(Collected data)
===============
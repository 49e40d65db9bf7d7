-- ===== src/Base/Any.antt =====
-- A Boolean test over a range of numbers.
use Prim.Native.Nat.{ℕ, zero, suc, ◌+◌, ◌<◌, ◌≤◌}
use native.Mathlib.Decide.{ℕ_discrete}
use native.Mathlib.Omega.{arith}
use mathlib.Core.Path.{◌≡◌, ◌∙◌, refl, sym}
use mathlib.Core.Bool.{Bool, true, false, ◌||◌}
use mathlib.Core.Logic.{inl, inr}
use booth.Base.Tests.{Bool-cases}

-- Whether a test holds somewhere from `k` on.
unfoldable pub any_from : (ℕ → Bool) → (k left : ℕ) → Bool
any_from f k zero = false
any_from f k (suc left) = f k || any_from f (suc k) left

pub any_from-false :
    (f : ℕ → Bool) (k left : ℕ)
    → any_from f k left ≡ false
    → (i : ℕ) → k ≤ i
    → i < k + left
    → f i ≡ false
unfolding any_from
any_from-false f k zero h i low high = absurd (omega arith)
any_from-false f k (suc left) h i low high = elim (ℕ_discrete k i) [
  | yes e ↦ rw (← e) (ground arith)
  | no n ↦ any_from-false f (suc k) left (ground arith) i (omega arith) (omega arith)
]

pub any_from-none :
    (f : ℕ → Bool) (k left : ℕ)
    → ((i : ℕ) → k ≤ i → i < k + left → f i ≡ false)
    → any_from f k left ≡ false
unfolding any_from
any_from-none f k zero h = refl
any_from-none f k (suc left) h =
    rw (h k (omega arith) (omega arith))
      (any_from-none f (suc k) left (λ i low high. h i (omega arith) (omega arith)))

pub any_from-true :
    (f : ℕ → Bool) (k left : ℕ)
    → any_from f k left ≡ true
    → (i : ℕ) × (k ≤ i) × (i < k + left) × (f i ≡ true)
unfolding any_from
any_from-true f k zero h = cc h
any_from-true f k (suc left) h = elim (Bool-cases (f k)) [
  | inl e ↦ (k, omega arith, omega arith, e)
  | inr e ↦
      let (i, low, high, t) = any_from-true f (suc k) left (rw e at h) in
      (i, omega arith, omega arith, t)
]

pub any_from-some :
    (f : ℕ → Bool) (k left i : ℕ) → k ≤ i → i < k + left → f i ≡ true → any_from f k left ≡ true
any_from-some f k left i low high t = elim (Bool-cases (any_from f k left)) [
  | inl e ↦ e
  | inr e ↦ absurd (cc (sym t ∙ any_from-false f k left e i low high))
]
===============
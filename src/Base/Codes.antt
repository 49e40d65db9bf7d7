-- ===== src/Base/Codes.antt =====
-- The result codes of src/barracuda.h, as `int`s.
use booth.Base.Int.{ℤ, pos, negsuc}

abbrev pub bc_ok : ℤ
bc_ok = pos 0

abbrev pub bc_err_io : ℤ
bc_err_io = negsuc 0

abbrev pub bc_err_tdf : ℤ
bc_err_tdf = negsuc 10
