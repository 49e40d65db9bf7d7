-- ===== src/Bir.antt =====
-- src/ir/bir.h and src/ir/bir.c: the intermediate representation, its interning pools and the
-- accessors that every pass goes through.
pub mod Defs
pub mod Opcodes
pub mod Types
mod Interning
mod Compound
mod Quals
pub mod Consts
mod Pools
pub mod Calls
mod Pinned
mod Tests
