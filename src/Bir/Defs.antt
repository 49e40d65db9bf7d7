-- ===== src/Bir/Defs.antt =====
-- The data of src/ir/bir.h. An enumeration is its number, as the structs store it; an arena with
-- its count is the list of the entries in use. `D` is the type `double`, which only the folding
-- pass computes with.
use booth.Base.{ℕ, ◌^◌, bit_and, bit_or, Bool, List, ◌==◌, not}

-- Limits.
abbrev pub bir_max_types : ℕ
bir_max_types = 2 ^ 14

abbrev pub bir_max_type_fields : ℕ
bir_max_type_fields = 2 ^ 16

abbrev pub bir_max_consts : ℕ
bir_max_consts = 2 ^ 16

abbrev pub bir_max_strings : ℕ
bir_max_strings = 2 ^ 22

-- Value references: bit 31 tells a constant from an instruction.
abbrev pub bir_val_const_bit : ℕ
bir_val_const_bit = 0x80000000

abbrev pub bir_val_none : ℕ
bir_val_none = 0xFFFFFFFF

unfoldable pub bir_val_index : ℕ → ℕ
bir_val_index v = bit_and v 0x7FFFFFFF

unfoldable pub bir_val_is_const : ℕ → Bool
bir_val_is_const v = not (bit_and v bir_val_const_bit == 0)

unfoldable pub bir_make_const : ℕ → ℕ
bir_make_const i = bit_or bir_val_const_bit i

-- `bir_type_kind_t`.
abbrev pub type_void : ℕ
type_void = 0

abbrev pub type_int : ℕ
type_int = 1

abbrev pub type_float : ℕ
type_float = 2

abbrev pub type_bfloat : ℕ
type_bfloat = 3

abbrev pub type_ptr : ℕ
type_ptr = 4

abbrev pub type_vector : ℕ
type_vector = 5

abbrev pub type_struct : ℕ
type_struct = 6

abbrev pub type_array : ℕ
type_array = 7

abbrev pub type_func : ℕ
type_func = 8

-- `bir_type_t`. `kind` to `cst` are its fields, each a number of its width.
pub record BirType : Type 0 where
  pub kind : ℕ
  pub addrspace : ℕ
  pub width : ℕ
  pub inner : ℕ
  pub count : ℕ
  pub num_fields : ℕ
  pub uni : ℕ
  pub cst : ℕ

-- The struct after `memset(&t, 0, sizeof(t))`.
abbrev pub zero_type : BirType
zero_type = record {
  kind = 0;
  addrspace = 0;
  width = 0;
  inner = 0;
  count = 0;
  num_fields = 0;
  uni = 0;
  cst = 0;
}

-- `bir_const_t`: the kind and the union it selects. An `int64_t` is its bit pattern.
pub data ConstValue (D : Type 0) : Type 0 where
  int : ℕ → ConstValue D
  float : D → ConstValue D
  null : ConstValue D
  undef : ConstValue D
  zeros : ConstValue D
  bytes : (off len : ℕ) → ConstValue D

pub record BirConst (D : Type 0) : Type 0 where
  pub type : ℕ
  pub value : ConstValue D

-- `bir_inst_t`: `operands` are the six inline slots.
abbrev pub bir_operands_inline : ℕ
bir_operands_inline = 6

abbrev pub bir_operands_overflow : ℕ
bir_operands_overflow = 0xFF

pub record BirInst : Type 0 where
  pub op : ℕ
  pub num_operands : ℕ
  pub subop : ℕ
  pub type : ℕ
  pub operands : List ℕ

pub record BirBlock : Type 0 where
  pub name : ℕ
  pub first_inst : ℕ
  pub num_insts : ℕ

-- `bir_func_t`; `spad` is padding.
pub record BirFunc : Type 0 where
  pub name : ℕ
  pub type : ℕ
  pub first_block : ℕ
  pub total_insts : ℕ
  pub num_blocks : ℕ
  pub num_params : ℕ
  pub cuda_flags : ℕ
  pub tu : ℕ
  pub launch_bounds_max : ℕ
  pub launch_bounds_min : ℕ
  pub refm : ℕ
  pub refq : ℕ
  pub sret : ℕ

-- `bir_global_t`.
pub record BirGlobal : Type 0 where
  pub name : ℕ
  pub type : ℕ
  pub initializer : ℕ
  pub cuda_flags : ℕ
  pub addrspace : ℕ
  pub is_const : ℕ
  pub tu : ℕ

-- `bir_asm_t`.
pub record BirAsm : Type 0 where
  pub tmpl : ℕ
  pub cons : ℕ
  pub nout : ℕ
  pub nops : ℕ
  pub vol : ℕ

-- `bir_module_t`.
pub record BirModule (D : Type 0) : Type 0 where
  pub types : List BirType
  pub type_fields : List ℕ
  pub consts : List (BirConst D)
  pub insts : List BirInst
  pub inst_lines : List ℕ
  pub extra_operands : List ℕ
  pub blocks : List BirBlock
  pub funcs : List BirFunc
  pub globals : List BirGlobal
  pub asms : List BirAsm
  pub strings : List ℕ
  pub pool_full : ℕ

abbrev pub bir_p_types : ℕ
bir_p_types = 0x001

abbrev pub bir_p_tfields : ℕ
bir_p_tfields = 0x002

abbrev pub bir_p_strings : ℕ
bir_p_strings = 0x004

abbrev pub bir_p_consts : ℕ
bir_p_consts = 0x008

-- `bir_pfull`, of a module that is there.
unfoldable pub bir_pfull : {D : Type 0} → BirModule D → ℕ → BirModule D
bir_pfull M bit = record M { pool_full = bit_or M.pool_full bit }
===============
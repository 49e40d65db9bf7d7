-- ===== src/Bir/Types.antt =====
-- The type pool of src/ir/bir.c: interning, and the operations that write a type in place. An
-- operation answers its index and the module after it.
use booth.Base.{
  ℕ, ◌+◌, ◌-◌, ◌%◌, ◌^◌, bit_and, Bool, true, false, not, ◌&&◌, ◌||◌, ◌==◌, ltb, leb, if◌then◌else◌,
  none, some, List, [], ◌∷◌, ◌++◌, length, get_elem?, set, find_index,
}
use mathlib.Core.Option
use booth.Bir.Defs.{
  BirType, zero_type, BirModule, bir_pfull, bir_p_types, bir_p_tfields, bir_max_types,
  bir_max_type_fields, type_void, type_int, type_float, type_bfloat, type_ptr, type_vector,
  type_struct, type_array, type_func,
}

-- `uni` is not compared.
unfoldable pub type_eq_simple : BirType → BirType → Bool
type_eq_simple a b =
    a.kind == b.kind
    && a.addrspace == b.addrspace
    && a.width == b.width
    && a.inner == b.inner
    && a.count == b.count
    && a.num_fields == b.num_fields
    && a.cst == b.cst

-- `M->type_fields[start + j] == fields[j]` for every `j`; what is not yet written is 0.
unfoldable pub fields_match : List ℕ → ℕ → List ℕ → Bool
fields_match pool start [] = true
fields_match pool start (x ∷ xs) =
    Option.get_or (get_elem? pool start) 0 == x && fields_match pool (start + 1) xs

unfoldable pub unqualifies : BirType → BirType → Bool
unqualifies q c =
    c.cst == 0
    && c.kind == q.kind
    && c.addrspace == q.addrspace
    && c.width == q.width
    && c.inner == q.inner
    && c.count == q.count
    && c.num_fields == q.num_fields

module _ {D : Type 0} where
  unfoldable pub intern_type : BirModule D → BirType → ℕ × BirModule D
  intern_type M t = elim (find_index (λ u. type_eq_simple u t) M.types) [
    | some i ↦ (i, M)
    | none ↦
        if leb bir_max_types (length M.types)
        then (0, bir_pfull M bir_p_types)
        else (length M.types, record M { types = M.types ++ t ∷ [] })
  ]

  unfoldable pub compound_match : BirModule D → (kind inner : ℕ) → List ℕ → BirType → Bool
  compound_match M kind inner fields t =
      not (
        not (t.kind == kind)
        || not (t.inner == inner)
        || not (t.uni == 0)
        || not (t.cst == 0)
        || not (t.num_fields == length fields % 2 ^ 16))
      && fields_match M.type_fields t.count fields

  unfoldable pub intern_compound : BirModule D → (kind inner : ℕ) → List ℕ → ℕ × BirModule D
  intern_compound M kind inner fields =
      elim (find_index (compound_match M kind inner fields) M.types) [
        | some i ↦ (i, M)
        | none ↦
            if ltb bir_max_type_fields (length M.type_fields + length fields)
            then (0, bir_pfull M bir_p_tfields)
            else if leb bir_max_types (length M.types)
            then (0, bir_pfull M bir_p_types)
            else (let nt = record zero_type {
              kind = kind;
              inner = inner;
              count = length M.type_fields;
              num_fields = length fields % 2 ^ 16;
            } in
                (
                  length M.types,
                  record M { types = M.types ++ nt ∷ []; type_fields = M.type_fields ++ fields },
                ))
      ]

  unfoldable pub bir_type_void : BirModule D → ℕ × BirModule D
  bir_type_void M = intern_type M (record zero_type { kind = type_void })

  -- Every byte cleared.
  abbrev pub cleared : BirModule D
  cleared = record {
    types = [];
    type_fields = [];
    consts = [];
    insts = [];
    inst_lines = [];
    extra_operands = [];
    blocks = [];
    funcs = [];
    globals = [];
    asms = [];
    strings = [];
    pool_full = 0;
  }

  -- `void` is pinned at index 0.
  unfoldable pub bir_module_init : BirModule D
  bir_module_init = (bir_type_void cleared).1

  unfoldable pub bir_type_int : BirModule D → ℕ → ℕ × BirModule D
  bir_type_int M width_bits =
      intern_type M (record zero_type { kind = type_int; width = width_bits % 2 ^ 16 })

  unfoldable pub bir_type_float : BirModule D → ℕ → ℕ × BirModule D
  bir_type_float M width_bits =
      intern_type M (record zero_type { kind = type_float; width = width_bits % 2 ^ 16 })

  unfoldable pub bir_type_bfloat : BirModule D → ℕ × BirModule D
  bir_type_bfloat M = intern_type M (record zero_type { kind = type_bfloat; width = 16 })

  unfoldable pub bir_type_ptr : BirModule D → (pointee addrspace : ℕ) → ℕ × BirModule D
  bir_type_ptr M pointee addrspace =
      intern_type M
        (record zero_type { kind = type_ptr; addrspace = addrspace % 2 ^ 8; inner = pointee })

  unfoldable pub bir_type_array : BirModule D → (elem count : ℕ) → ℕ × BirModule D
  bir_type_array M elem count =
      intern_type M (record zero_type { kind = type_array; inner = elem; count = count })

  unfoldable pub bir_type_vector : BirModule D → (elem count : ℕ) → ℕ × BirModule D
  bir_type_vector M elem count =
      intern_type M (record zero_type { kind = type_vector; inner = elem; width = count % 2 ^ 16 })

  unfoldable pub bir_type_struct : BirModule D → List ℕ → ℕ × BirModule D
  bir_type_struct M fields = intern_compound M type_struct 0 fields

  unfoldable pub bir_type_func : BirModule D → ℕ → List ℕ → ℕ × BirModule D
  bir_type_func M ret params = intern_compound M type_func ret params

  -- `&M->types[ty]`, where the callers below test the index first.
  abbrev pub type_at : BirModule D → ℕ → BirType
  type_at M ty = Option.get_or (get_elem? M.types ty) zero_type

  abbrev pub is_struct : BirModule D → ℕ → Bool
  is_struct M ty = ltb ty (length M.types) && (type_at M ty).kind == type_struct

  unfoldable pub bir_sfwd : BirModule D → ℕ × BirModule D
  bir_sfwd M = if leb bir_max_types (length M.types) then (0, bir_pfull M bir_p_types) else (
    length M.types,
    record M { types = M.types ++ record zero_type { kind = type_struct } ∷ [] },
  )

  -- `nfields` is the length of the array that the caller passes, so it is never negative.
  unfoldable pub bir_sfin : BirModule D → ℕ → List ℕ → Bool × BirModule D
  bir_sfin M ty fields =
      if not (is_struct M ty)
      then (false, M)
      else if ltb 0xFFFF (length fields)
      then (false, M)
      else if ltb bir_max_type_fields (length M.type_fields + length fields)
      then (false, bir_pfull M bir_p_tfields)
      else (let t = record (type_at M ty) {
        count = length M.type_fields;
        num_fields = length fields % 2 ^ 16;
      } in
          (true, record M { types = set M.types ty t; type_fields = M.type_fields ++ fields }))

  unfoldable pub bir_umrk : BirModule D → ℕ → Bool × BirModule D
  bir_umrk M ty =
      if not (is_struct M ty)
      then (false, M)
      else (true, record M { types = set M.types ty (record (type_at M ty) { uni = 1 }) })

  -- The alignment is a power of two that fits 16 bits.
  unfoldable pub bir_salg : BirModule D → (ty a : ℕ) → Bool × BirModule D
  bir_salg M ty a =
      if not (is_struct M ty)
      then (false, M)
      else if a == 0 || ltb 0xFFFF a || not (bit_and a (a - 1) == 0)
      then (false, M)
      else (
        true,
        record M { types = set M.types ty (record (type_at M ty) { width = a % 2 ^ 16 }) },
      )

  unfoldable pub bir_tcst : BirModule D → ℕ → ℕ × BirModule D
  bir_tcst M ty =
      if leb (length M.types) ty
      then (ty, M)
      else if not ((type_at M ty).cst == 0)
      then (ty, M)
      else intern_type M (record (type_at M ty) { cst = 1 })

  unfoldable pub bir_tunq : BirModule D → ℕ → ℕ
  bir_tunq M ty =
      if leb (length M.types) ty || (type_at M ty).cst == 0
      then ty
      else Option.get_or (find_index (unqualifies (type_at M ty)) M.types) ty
===============
# WORK TASK
Print exactly the lines above, between the one holding "abbrev pub bir_max_types : ℕ" and the one holding "-- Value references: bit", inclusive, and nothing besides.

# REPLY TO THE EXERCISE
abbrev pub bir_max_types : ℕ
bir_max_types = 2 ^ 14

abbrev pub bir_max_type_fields : ℕ
bir_max_type_fields = 2 ^ 16

abbrev pub bir_max_consts : ℕ
bir_max_consts = 2 ^ 16

abbrev pub bir_max_strings : ℕ
bir_max_strings = 2 ^ 22

-- Value references: bit 31 tells a constant from an instruction.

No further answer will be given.